Life had been hard for her. My heart still breaks for her years later. Yet, there's a nagging in the heart of a Christian that whispers the question when we see years worth of harboring such bitterness, "Is this the one hurt that could never be forgiven?" "Is this the one thing that Jesus didn't die for?" We don't ever get to own the right to bitterness; the poison fruit that grows from it should spur us on to fight the roots of bitterness we see in our life on our knees with all our might. To press on to take hold of that which Christ Jesus has called us to. There's such beauty when a testimony is given and years of hard and heartache and sadness are coupled with God's grace and forgiveness and joy. Perhaps that's why Kara Tippett's testimony (www.mundanefaithfulness.com) of living her life with such purpose, joy, and grace while dying of cancer has captivated so many of us. She could be bitter and angry at the broken journey she's been asked to walk, but instead I heard her say on a broadcast something like "We choose brokenness over anger." There's a sweet release of comfort to hear that difficult can be journeyed without succumbing to our natural tendency toward bitterness and anger and our right to justice. We crave seeing God's power in action. We long hearing of God's promises lived out in real life. Beth Moore (in her study of Daniel) reminds us of Shadrach, Meshach, and Abednego who came out of the fire that could have incinerated them, but instead "the hair of their heads was not singed, their cloaks were not harmed, and no smell of fire had come upon them" (Daniel 3:27). They didn't even smell of smoke. Impossible. Only God enables someone to walk through the fire in such a way.
Hebrews 12:15 "See to it that no one misses the grace of God and that no bitter root grows up to cause trouble and defile many."
Letting go of bitterness always costs us something. It may cost us our treasured power over someone; it may cost us our excuses to not deal with our own sin; it may cost us our pride. But letting go of bitterness promises to bring about fruits of the spirit like love, joy, peace, patience, kindness, goodness, faithfulness,gentleness, and self-control. I've seen my own bitterness isolate me in certain ways and lend an edge in certain relationships. Turn back and be renewed the Holy Spirit nudges.
I have a vision of the way I long to be as an older woman. I want to be like my mom. Not that she's an old woman, she's actually quite young and beautiful in all ways, but her children are grown and her grandchildren growing. I want to be one like her who speaks with gentleness, kindness, love, and joy at days past. I want to be over-flowing with grace-filled speech as I grow older and I want to always be looking for opportunity to extend forgiveness and ask for forgiveness in all my relationships. I long for there to be no sharpness to my comments; no harbored grudges that poison life of its promised hope. I long for my grown children and grandchildren to feel refreshed in my presence in years to come because the stench of some hard yesterdays were not permitted permanent residence in my spirit. I become this older woman by fighting bitterness today. By choosing Kara's attitude (Jesus' attitude), my mom's attitude, and letting myself be broken by life's hardships and not bitter and not angry and not hardened.

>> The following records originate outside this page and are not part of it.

-- ===== src/Strings/Cache.antt =====
-- The cache of strings that nobody owns: `ps_cache` and its count.
use eel.Prelude.{
  ℕ, suc, ◌+◌, ◌≤◌, ◌≡◌, refl, ap, true, inl, inr, List, [], ◌∷◌, ltb, ◌==◌, if◌then◌else◌, length,
  arith, Bool-cases,
}
use eel.Strings.{Pool, unlink_cached, oldest, ps_cache, ps_unlink}

unlink_cached-oldest :
    (o : ℕ) (xs : List ℕ) → length (unlink_cached (oldest o xs) (o ∷ xs)) ≡ length xs
unlink_cached-oldest o [] = let same : (o == o) ≡ true = ground arith in rw same refl
unlink_cached-oldest o (x ∷ xs) = elim (Bool-cases (o == oldest x xs)) [
  | inl e ↦ rw e refl
  | inr e ↦ rw e (ap suc (unlink_cached-oldest x xs))
]

-- The count of the cache is right, and at most one more than its limit.
abbrev pub IsCounted : Pool → Type 0
IsCounted pool = (length pool.scache ≡ pool.scache_size) × (pool.scache_size ≤ pool.scache_max + 1)

-- `ps_cache` keeps the count right, and lets the cache grow to one string more than the limit: then
-- the oldest string goes, and the count stays.
pub ps_cache-IsCounted :
    (pool : Pool) (o : ℕ)
    → IsCounted pool
    → IsCounted (ps_cache pool o)
      × ((ps_cache pool o).scache_size ≡ (
          if ltb pool.scache_max pool.scache_size
          then pool.scache_max + 1
          else pool.scache_size + 1))
unfolding ps_cache ps_unlink
ps_cache-IsCounted pool o (e, le) = elim (Bool-cases (ltb pool.scache_max pool.scache_size)) [
  | inl full ↦
      let n = unlink_cached-oldest o pool.scache in
      simp (ps_cache, full) ((rw n e, le), ground (arith, full))
  | inr room ↦ simp (ps_cache, room) ((omega (arith, e), ground (arith, room)), refl)
]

I've been rocking in that chair a lot today. My baby is still feverish and she needs lots of loving. As I move closer toward uprooting this bitterness that strangles, I can't help but notice the life it breathes into my family. I'm reminded that tending to the garden of my soul requires the continual weeding of the ugly, the rotten, smelly, in order for true beauty to have room to grow. It promises to be well worth the fight.